-- ===== src/Util/Controller/Retry.antt =====
-- That `processNext` of pkg/util/controller.go loses no key.
use k8s_ext_connector.Prelude.{
  Text, ℕ, zero, suc, ◌≤◌, Bool, arith, true, false, Option, none, some, ◌==◌, eq_iff, ◌≡◌, ◌≢◌,
  ◌⊎◌, inl, inr, refl, ap, Bool-cases, Option-cases, ◌∙◌, List, [], ◌∷◌, sym, subst,
}
use k8s_ext_connector.Exec.{Error, Result, ok, err, ok-injective}
use k8s_ext_connector.Util.Controller.{
  Item, key, other, WorkQueue, ReconcilerInterface, after_reconcile, reconcile_key, process_item,
  process_got, process_next, reconcile_loop, ResourceEvent, object_of, handle_event, handle_events,
}
use k8s_ext_connector.Util.Controller.Open.{
  QueueLaws, KeepsPending, KeepsOpen, process_next-open, handle_event-open, handle_events-open,
}

module _ {W : Type 0} (q : WorkQueue W) (L : QueueLaws q) (r : ReconcilerInterface W) where
  -- The key was handed out, and was no name of a resource, or its `Reconcile` succeeded.
  abbrev pub Handled : Text → W → Type 0
  Handled j w =
      ((q.get w).0 ≡ some (key j))
      × (((e : Error) × (q.split_meta_namespace_key j ≡ err e))
          ⊎ ((namespace : Text) × (name : Text) × (q.split_meta_namespace_key j
                ≡ ok (namespace, name))
              × ((r namespace name (q.get w).1).0 ≡ ok tt)))

  after_reconcile-pending :
      (j k : Text) (res : Result (Unit {0}) × W)
      → L.pending j res.1 ≡ true
      → L.pending j (after_reconcile q k res).1 ≡ true
  unfolding after_reconcile
  after_reconcile-pending j k (ok _, w) h = L.forget_keeps j (key k) w h
  after_reconcile-pending j k (err e, w) h = L.add_rate_limited_keeps j k w h

  -- A failed call is pending again.
  after_reconcile-failed :
      (k : Text) (res : Result (Unit {0}) × W)
      → L.is_shut res.1 ≡ false
      → (res.0 ≡ ok tt) ⊎ (L.pending k (after_reconcile q k res).1 ≡ true)
  unfolding after_reconcile
  after_reconcile-failed k (ok _, w) o = inl refl
  after_reconcile-failed k (err e, w) o = inr (L.add_rate_limited_self k w o)

  reconcile_key-pending :
      (j k : Text) (parsed : Result (Text × Text)) (w : W)
      → KeepsPending q L r
      → L.pending j w ≡ true
      → L.pending j (reconcile_key q r k parsed w).1 ≡ true
  unfolding reconcile_key
  reconcile_key-pending j k (err e) w keeps h = h
  reconcile_key-pending j k (ok (namespace, name)) w keeps h =
      after_reconcile-pending j k (r namespace name w) (keeps j namespace name w h)

  process_item-pending :
      (j : Text) (i : Item) (w : W)
      → KeepsPending q L r
      → L.pending j w ≡ true
      → L.pending j (process_item q r i w).1 ≡ true
  unfolding process_item
  process_item-pending j (key k) w keeps h =
      reconcile_key-pending j k (q.split_meta_namespace_key k) w keeps h
  process_item-pending j other w keeps h = L.forget_keeps j other w h

  process_got-pending :
      (j : Text) (got : Option Item) (w : W)
      → KeepsPending q L r
      → L.pending j w ≡ true
      → L.pending j (process_got q r got w).1 ≡ true
  unfolding process_got
  process_got-pending j none w keeps h = h
  process_got-pending j (some i) w keeps h =
      L.done_keeps j i (process_item q r i w).1 (process_item-pending j i w keeps h)

  reconcile_key-Handled :
      (k : Text) (parsed : Result (Text × Text)) (w : W)
      → KeepsOpen q L r
      → L.is_shut w ≡ false
      → ((e : Error) × (parsed ≡ err e))
        ⊎ ((namespace : Text) × (name : Text) × (parsed ≡ ok (namespace, name))
            × ((r namespace name w).0 ≡ ok tt))
        ⊎ (L.pending k (reconcile_key q r k parsed w).1 ≡ true)
  unfolding reconcile_key
  reconcile_key-Handled k (err e) w opens o = inl (e, refl)
  reconcile_key-Handled k (ok (namespace, name)) w opens o =
      elim (after_reconcile-failed k (r namespace name w) (opens namespace name w o)) [
        | inl done ↦ inr (inl (namespace, name, refl, done))
        | inr again ↦ inr (inr again)
      ]

  process_got-Handled :
      (j : Text) (w : W)
      → KeepsOpen q L r
      → L.is_shut w ≡ false
      → (q.get w).0 ≡ some (key j)
      → Handled j w ⊎ (L.pending j (process_next q r w).1 ≡ true)
  unfolding process_next process_got process_item
  process_got-Handled j w opens o e =
      elim (reconcile_key-Handled j (q.split_meta_namespace_key j) (q.get w).1 opens
        (L.get_open (key j) w e o)) [
          | inl bad ↦ inl (e, inl bad)
          | inr rest ↦ elim rest [
            | inl done ↦ inl (e, inr done)
            | inr again ↦ inr (rw e (L.done_keeps j (key j) _ again))
          ]
        ]

  -- Whether an item is the key.
  is_key : Text → Option Item → Bool
  is_key j (some (key k)) = k == j
  is_key j _ = false

  is_key_iff : (j : Text) (got : Option Item) → is_key j got ≡ true → got ≡ some (key j)
  unfolding is_key
  is_key_iff j none h = cc
  is_key_iff j (some other) h = cc
  is_key_iff j (some (key k)) h = ap (λ x. some (key x)) ((eq_iff k j).0 h)

  is_key_self : (j : Text) (got : Option Item) → got ≡ some (key j) → is_key j got ≡ true
  unfolding is_key
  is_key_self j got e = rw e ((eq_iff j j).1 refl)

  -- `processNext` loses no key, unless it says that the queue was shut down.
  process_next-pending :
      (j : Text) (w : W)
      → KeepsPending q L r
      → KeepsOpen q L r
      → L.is_shut w ≡ false
      → L.pending j w ≡ true
      → (process_next q r w).0 ≡ true
      → Handled j w ⊎ (L.pending j (process_next q r w).1 ≡ true)
  unfolding process_next process_got
  process_next-pending j w keeps opens o h more = elim (Option-cases (q.get w).0) [
    | inl shut ↦ absurd (let ended = (rw shut at more) in cc)
    | inr (i, e) ↦ elim (Bool-cases (is_key j (q.get w).0)) [
      | inl mine ↦ process_got-Handled j w opens o (is_key_iff j (q.get w).0 mine)
      | inr not_mine ↦
          let other_key : i ≢ key j =
            λ same. let is = is_key_self j (q.get w).0 (e ∙ ap (λ x. some x) same) in absurd cc in
          let kept = L.get_keeps j i w e other_key h in
          inr (process_got-pending j (q.get w).0 (q.get w).1 keeps kept)
    ]
  ]

  -- The loop loses no key that is pending when it starts, until it ends.
  loop_keeps :
      (rounds : ℕ) (j : Text) (w : W)
      → KeepsPending q L r
      → KeepsOpen q L r
      → L.is_shut w ≡ false
      → L.pending j w ≡ true
      → ((n : ℕ) × (n ≤ rounds) × Handled j (reconcile_loop q n r w).1)
        ⊎ (L.pending j (reconcile_loop q rounds r w).1 ≡ true)
        ⊎ ((reconcile_loop q rounds r w).0 ≡ false)
  unfolding reconcile_loop
  loop_keeps zero j w keeps opens o h = inr (inl h)
  loop_keeps (suc rounds) j w keeps opens o h =
      let w₁ = (process_next q r w).1 in
      elim (Bool-cases (process_next q r w).0) [
        | inr ended ↦ inr (inr (rw ended refl))
        | inl more ↦ elim (process_next-pending j w keeps opens o h more) [
          | inl handled ↦ inl (0, omega arith, handled)
          | inr h₁ ↦
              rw more
                (elim (loop_keeps rounds j w₁ keeps opens (process_next-open q L r w opens o more)
                  h₁) [
                    | inl (n, le, handled) ↦ inl (suc n, omega arith, rw more handled)
                    | inr rest ↦ inr rest
                  ])
        ]
      ]

  enqueue-pending :
      (j : Text) (w : W) (k : Result Text)
      → L.is_shut w ≡ false
      → (L.pending j w ≡ true) ⊎ (k ≡ ok j)
      → L.pending j (elim k as (λ _. W) [ ok i ↦ q.add i w | err e ↦ w ]) ≡ true
  enqueue-pending j w (ok i) o (inl h) = L.add_keeps j i w h
  enqueue-pending j w (ok i) o (inr e) =
      subst (λ x. L.pending j (q.add x w) ≡ true) (sym (ok-injective e)) (L.add_self j w o)
  enqueue-pending j w (err x) o (inl h) = h
  enqueue-pending j w (err x) o (inr e) = cc

  handle_event-pending :
      (event : ResourceEvent) (j : Text) (w : W)
      → L.is_shut w ≡ false
      → (L.pending j w ≡ true) ⊎ (q.meta_namespace_key (object_of event) ≡ ok j)
      → L.pending j (handle_event q event w) ≡ true
  unfolding handle_event
  handle_event-pending event j w o h =
      enqueue-pending j w (q.meta_namespace_key (object_of event)) o h

  -- The key comes from an event of the list.
  abbrev pub IsTold : Text → List ResourceEvent → Type 0
  IsTold j [] = ⊥
  IsTold j (event ∷ events) = (q.meta_namespace_key (object_of event) ≡ ok j) ⊎ IsTold j events

  handle_events-pending :
      (events : List ResourceEvent) (j : Text) (w : W)
      → L.is_shut w ≡ false
      → (L.pending j w ≡ true) ⊎ IsTold j events
      → L.pending j (handle_events q events w) ≡ true
  unfolding handle_events
  handle_events-pending [] j w o (inl h) = h
  handle_events-pending [] j w o (inr z) = absurd z
  handle_events-pending (event ∷ events) j w o (inl h) =
      handle_events-pending events j _ (handle_event-open q L r event w o)
        (inl (handle_event-pending event j w o (inl h)))
  handle_events-pending (event ∷ events) j w o (inr (inl e)) =
      handle_events-pending events j _ (handle_event-open q L r event w o)
        (inl (handle_event-pending event j w o (inr e)))
  handle_events-pending (event ∷ events) j w o (inr (inr m)) =
      handle_events-pending events j _ (handle_event-open q L r event w o) (inr m)

  -- Where the reconciler takes no key out of the queue and does not shut it down, the loop loses no
  -- key until it ends: one that was pending in an open queue, or that is the key of an object of
  -- one of the events that the handlers were then given, is pending after any number of rounds, or
  -- after one of them it was handed out, and its `Reconcile` succeeded or it does not parse as the
  -- key of a resource; or the loop has ended.
  pub reconcile_loop-pending :
      (rounds : ℕ) (events : List ResourceEvent) (j : Text) (w : W)
      → KeepsPending q L r
      → KeepsOpen q L r
      → L.is_shut w ≡ false
      → (L.pending j w ≡ true) ⊎ IsTold j events
      → ((n : ℕ) × (n ≤ rounds) × Handled j (reconcile_loop q n r (handle_events q events w)).1)
        ⊎ (L.pending j (reconcile_loop q rounds r (handle_events q events w)).1 ≡ true)
        ⊎ ((reconcile_loop q rounds r (handle_events q events w)).0 ≡ false)
  reconcile_loop-pending rounds events j w keeps opens o h =
      loop_keeps rounds j (handle_events q events w) keeps opens
        (handle_events-open q L r events w o) (handle_events-pending events j w o h)
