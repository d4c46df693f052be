-- ===== src/Util/Controller/Run.antt =====
-- What `Run` of pkg/util/controller.go does with the keys that its informer tells of.
use k8s_ext_connector.Prelude.{
  Text, ℕ, zero, suc, ◌≤◌, arith, true, false, Option, none, some, ◌≡◌, ◌⊎◌, inl, inr, refl,
  Bool-cases,
}
use k8s_ext_connector.Util.Controller.{
  Item, WorkQueue, ReconcilerInterface, process_got, process_next, reconcile_loop, handle_events,
  Informer, in_loop, returned, run,
}
use k8s_ext_connector.Util.Controller.Open.{QueueLaws, KeepsPending, KeepsOpen}
use k8s_ext_connector.Util.Controller.Retry.{Handled, IsTold, reconcile_loop-pending}

module _ {W : Type 0} (q : WorkQueue W) (r : ReconcilerInterface W) where
  process_got-ended : (got : Option Item) (w : W) → (process_got q r got w).0 ≡ false → got ≡ none
  unfolding process_got
  process_got-ended none w h = refl
  process_got-ended (some i) w h = cc

  -- The loop ends only where `Get` hands out no item.
  loop_ended :
      (rounds : ℕ) (w : W)
      → (reconcile_loop q rounds r w).0 ≡ false
      → (n : ℕ) × (n ≤ rounds) × ((q.get (reconcile_loop q n r w).1).0 ≡ none)
  unfolding reconcile_loop process_next
  loop_ended zero w h = cc
  loop_ended (suc rounds) w h = elim (Bool-cases (process_next q r w).0) [
    | inr ended ↦ (0, omega arith, process_got-ended (q.get w).0 (q.get w).1 ended)
    | inl more ↦
        let (n, le, shut) = loop_ended rounds (process_next q r w).1 (rw more at h) in
        (suc n, omega arith, rw more shut)
  ]

module _ {W : Type 0} (q : WorkQueue W) (L : QueueLaws q) (r : ReconcilerInterface W)
    (informer : Informer W) where
  -- The world after some rounds of the loop.
  abbrev pub after_rounds : ℕ → W → W
  after_rounds n w =
      let (_, events, w₁) = informer.wait_for_cache_sync w in
      (reconcile_loop q n r (handle_events q events w₁)).1

  -- Where the reconciler takes no key out of the queue and does not shut it down, let the
  -- informer's cache be in sync and the queue then be open. A key that is then pending, or that is
  -- the key of an object of one of the events that came until then, is pending after any number of
  -- rounds of the loop of Run, or after one of them it was handed out, and its Reconcile succeeded
  -- or it does not parse as the key of a resource; or Run has returned. And Run is in its loop
  -- after those rounds, or it returned because after one of them Get handed out no item, which says
  -- that the queue was shut down.
  pub run-pending :
      (rounds : ℕ) (j : Text) (w : W)
      → KeepsPending q L r
      → KeepsOpen q L r
      → (informer.wait_for_cache_sync w).0 ≡ true
      → L.is_shut (informer.wait_for_cache_sync w).2 ≡ false
      → (L.pending j (informer.wait_for_cache_sync w).2 ≡ true)
        ⊎ IsTold q L r j (informer.wait_for_cache_sync w).1
      → (((n : ℕ) × (n ≤ rounds) × Handled q L r j (after_rounds n w))
          ⊎ (L.pending j (after_rounds rounds w) ≡ true)
          ⊎ ((run q rounds informer r w).0 ≡ returned))
        × (((run q rounds informer r w).0 ≡ in_loop)
            ⊎ (((run q rounds informer r w).0 ≡ returned)
                × ((n : ℕ) × (n ≤ rounds) × ((q.get (after_rounds n w)).0 ≡ none))))
  unfolding run
  run-pending rounds j w keeps opens synced o h =
      let (_, events, w₁) = informer.wait_for_cache_sync w in
      let w₂ = handle_events q events w₁ in
      (
        elim (reconcile_loop-pending q L r rounds events j w₁ keeps opens o h) [
          | inl handled ↦ inl handled
          | inr (inl kept) ↦ inr (inl kept)
          | inr (inr ended) ↦ inr (inr (rw (synced, ended) refl))
        ],
        elim (Bool-cases (reconcile_loop q rounds r w₂).0) [
          | inl more ↦ inl (rw (synced, more) refl)
          | inr ended ↦ inr (rw (synced, ended) refl, loop_ended q r rounds w₂ ended)
        ],
      )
+ + +
State how many lines in the preceding material contain the word "loses", and give nothing else.

4